Start of The data

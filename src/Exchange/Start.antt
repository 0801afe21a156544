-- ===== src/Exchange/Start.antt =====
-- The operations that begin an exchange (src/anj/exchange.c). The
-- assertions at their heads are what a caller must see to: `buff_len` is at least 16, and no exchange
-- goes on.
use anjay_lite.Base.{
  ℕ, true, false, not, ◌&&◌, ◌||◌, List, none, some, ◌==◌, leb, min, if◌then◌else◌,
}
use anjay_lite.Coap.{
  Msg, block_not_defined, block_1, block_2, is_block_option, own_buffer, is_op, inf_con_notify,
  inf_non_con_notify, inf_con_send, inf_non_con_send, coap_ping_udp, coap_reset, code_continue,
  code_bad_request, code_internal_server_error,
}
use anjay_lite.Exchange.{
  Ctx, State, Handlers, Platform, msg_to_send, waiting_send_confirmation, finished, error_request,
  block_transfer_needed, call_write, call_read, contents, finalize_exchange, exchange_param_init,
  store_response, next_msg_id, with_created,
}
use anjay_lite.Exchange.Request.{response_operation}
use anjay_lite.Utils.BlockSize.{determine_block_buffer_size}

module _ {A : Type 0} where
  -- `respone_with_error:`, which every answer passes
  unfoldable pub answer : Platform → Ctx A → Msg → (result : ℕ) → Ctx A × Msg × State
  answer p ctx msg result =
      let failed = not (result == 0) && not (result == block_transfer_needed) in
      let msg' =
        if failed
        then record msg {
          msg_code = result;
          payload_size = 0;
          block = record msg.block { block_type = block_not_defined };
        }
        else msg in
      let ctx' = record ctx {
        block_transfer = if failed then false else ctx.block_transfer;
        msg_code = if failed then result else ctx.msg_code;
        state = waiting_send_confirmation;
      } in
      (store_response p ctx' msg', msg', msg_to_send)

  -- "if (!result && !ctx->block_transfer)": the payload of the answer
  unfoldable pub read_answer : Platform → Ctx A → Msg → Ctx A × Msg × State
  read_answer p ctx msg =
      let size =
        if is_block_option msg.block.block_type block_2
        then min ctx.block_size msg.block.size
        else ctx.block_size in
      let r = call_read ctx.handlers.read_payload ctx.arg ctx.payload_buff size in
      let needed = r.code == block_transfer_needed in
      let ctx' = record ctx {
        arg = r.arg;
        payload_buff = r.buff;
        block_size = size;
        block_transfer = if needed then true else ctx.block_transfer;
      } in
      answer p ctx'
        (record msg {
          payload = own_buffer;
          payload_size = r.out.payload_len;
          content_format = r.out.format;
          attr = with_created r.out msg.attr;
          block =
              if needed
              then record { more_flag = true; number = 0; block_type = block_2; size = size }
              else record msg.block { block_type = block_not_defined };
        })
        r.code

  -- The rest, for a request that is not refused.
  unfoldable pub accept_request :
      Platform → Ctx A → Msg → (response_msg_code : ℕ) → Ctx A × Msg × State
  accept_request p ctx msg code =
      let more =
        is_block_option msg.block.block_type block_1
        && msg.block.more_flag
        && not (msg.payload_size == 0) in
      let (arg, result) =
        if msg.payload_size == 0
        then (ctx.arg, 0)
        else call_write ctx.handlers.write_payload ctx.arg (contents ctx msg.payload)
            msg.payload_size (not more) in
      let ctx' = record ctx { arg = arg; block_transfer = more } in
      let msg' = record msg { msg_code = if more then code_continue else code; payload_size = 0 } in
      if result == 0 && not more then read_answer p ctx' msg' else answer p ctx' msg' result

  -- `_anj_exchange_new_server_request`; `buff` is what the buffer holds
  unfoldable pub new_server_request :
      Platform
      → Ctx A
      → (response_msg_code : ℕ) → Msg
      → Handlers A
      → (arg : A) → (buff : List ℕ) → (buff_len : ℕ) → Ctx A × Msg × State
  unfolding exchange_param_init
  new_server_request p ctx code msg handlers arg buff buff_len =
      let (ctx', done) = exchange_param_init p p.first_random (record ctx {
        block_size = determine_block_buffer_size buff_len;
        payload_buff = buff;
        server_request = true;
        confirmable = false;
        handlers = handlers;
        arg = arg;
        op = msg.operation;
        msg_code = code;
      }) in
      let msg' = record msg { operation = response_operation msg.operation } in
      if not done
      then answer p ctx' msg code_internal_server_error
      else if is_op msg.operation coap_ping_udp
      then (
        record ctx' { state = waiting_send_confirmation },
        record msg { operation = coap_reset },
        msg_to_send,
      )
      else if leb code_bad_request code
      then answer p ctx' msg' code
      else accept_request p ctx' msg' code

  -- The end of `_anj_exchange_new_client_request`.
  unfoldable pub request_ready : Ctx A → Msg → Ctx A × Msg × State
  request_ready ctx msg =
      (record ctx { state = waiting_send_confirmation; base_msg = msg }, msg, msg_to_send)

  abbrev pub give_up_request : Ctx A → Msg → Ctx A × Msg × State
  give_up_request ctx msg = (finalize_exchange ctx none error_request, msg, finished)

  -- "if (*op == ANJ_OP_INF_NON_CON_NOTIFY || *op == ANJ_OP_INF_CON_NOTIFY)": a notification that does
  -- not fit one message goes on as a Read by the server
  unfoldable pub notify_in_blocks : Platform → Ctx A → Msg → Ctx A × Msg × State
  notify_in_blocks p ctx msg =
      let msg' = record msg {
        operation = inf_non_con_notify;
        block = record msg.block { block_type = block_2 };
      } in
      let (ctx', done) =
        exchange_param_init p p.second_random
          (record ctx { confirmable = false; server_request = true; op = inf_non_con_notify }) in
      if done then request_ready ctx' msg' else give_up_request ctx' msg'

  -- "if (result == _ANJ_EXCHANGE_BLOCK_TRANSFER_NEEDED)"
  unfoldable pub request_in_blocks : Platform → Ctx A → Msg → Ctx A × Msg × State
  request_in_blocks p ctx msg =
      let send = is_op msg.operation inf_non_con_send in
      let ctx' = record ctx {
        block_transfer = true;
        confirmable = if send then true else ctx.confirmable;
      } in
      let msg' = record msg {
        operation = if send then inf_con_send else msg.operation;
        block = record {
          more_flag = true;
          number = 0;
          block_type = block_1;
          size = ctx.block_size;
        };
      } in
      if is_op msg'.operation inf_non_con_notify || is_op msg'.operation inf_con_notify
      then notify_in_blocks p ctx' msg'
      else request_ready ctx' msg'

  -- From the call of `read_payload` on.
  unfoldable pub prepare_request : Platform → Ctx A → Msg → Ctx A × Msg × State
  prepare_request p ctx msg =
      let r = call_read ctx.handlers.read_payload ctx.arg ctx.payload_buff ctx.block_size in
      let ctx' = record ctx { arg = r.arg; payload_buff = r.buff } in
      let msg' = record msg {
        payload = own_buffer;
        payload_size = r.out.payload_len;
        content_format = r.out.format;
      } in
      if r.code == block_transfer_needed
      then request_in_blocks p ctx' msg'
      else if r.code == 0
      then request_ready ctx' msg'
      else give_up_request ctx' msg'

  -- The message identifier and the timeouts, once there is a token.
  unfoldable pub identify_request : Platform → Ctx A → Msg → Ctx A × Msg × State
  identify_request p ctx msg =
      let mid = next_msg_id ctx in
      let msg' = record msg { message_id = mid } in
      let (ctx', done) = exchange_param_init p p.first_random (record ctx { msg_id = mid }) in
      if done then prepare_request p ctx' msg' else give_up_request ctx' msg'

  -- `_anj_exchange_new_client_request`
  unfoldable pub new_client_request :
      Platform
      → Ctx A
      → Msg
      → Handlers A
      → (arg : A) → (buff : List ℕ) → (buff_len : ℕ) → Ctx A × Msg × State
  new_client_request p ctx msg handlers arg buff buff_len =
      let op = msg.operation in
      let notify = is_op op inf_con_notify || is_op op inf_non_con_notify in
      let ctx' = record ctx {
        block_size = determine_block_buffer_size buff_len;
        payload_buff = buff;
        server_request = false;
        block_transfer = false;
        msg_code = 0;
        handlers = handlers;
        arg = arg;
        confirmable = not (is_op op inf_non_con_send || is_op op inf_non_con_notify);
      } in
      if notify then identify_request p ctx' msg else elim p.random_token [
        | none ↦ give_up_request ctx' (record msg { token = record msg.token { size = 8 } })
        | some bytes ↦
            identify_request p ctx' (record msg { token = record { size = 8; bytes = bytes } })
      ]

End of The data

Work request
The word "done" appears in some lines of the data. Copy every one of those lines.

Exercise answer
      let (ctx', done) = exchange_param_init p p.first_random (record ctx {
      if not done
      let (ctx', done) =
      if done then request_ready ctx' msg' else give_up_request ctx' msg'
      let (ctx', done) = exchange_param_init p p.first_random (record ctx { msg_id = mid }) in
      if done then prepare_request p ctx' msg' else give_up_request ctx' msg'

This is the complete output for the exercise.